Many fishermen don’t think that the line can get tangled in the bird or that the hook can also injure them. This is a common problem for water birds like Anhingas, Cormorants, and the Sandhill Crane. Anita also explained that trash bags get stuck easily in an Anhinga’s beak because it’s designed to keep fish in. Unfortunately, it will keep a bag in, too.

“We need to learn to share our territory,” Anita says. “I would not put poison out because there’s a lizard, and that lizard is important. That lizard is a bird’s food.”

She then says that she encourages others to keep their cats inside. “Cats kill so many lizards and birds,” she says, “even the little mouse they kill is someone’s food.”

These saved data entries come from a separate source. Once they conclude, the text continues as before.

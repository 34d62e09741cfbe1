-- ===== src/Prelude/Bytes.antt =====
-- Integers in byte strings: `std.mem.writeInt` and `readInt`, big and little endian.
use Prim.Native.Nat.{ℕ, zero, suc, ◌+◌, ◌*◌, ◌/◌, ◌%◌, ◌^◌, ◌≤◌, ◌<◌}
use Prim.Native.Char.{code}
use Prim.Native.String.{String}
use mathlib.Core.Path.{◌≡◌, refl, ap}
use mathlib.Core.List.{List, [], ◌∷◌, ◌++◌}
use native.Mathlib.Omega.{arith}
use native.Mathlib.Nat.{pow-suc}
use libsignal_zig.Prelude.Lists.{length, take, drop, length-append, All, All-append}

abbrev pub Bytes : Type 0
Bytes = List ℕ

abbrev pub IsByte : ℕ → Type 0
IsByte b = b < 256

abbrev pub IsU32 : ℕ → Type 0
IsU32 v = v < 2 ^ 32

abbrev pub IsU64 : ℕ → Type 0
IsU64 v = v < 2 ^ 64

-- The bytes of an ASCII literal.
unfoldable pub ascii : String → Bytes
ascii String.[] = []
ascii (String.◌∷◌ c s) = code c ∷ ascii s

-- `bytes[a..][0..n]`.
abbrev pub slice : ℕ → ℕ → Bytes → Bytes
slice a n bs = take n (drop a bs)

-- `n` bytes of `v`, most significant first.
unfoldable pub write_be : ℕ → ℕ → Bytes
write_be zero v = []
write_be (suc n) v = write_be n (v / 256) ++ (v % 256) ∷ []

read_from : ℕ → Bytes → ℕ
read_from acc [] = acc
read_from acc (b ∷ bs) = read_from (acc * 256 + b) bs

unfoldable pub read_be : Bytes → ℕ
unfolding read_from
read_be bs = read_from 0 bs

unfoldable pub write_le : ℕ → ℕ → Bytes
write_le zero v = []
write_le (suc n) v = (v % 256) ∷ write_le n (v / 256)

unfoldable pub read_le : Bytes → ℕ
read_le [] = 0
read_le (b ∷ bs) = b + 256 * read_le bs

read_from-snoc :
    (acc : ℕ) (bs : Bytes) (b : ℕ) → read_from acc (bs ++ b ∷ []) ≡ read_from acc bs * 256 + b
unfolding read_from
read_from-snoc acc [] b = refl
read_from-snoc acc (x ∷ bs) b = read_from-snoc (acc * 256 + x) bs b

pub read_be-write_be : (n v : ℕ) → v < 256 ^ n → read_be (write_be n v) ≡ v
unfolding read_be write_be
read_be-write_be zero v h = omega arith
read_be-write_be (suc n) v h = omega (
  arith,
  read_from-snoc 0 (write_be n (v / 256)) (v % 256),
  read_be-write_be n (v / 256) (omega (arith, pow-suc 256 n)),
)

pub length-write_be : (n v : ℕ) → length (write_be n v) ≡ n
unfolding write_be
length-write_be zero v = refl
length-write_be (suc n) v =
    omega
      (arith, length-append (write_be n (v / 256)) ((v % 256) ∷ []), length-write_be n (v / 256))

pub write_be-IsByte : (n v : ℕ) → All IsByte (write_be n v)
unfolding write_be
write_be-IsByte zero v = tt
write_be-IsByte (suc n) v =
    All-append IsByte (write_be n (v / 256)) _ (write_be-IsByte n (v / 256)) (omega arith, tt)

pub read_le-write_le : (n v : ℕ) → v < 256 ^ n → read_le (write_le n v) ≡ v
unfolding read_le write_le
read_le-write_le zero v h = omega arith
read_le-write_le (suc n) v h =
    omega (arith, read_le-write_le n (v / 256) (omega (arith, pow-suc 256 n)))

pub length-write_le : (n v : ℕ) → length (write_le n v) ≡ n
unfolding write_le
length-write_le zero v = refl
length-write_le (suc n) v = ap suc (length-write_le n (v / 256))

mul_mono : (a c p : ℕ) → a ≤ c → a * p ≤ c * p
mul_mono a c p h = grind arith

read_from-lt :
    (acc : ℕ) (bs : Bytes) → All IsByte bs → read_from acc bs < (acc + 1) * 256 ^ length bs
unfolding read_from
read_from-lt acc [] h = omega arith
read_from-lt acc (b ∷ bs) (hb, hs) = omega (
  arith,
  read_from-lt (acc * 256 + b) bs hs,
  mul_mono (acc * 256 + b + 1) ((acc + 1) * 256) (256 ^ length bs) (omega arith),
  ap (λ (t : ℕ). (acc + 1) * t) (pow-suc 256 (length bs)),
)

-- What `readInt` reads fits its width.
pub read_be-lt : (bs : Bytes) → All IsByte bs → read_be bs < 256 ^ length bs
unfolding read_be
read_be-lt bs h = omega (arith, read_from-lt 0 bs h)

Anita turned some heads when she discussed this topic at a recent wildlife symposium where she stated that cats are not native, unlike the lizards that the birds eat. “That lizard is part of the chain,” she reminds me. “When we have no more lizards, the other animals starve.” She pauses and then repeats that line from earlier about being “part of a bigger picture.”

Before leaving, Anita offers to take me out on her airplane, and just like I had been whisked into the golf cart, I soon find myself strapped into a small plane. That was my first time on an aircraft that didn’t have its own gate, and I’d be lying if I didn’t say I’m a tad nervous, especially when I see the glowing letters spelling, “Low Fuel.”

“We have enough, right?” I ask half jokingly. Anita laughs and reassuringly responds, “Of course.”

We fly over The Villages, Ocala, and parts of Sumter County where Anita points out various landmarks. Awestruck, I keep repeating how beautiful it all is. I finally manage to ask what she loves most about flying.

“There’s more than one thing,” she answers, “but I like to fly like the birds.”

Seeing an aerial view of Ocala provides such a different perspective than cruising along SR 200, and it’s high in the sky when it hits me that Anita’s all about looking at life from different points of view. After landing and disembarking the plane to head home, Anita smiles and offers a pun that packs a heavier punch than I first realized. “Now,” she nods, “you really did get to see a bird’s-eye view.”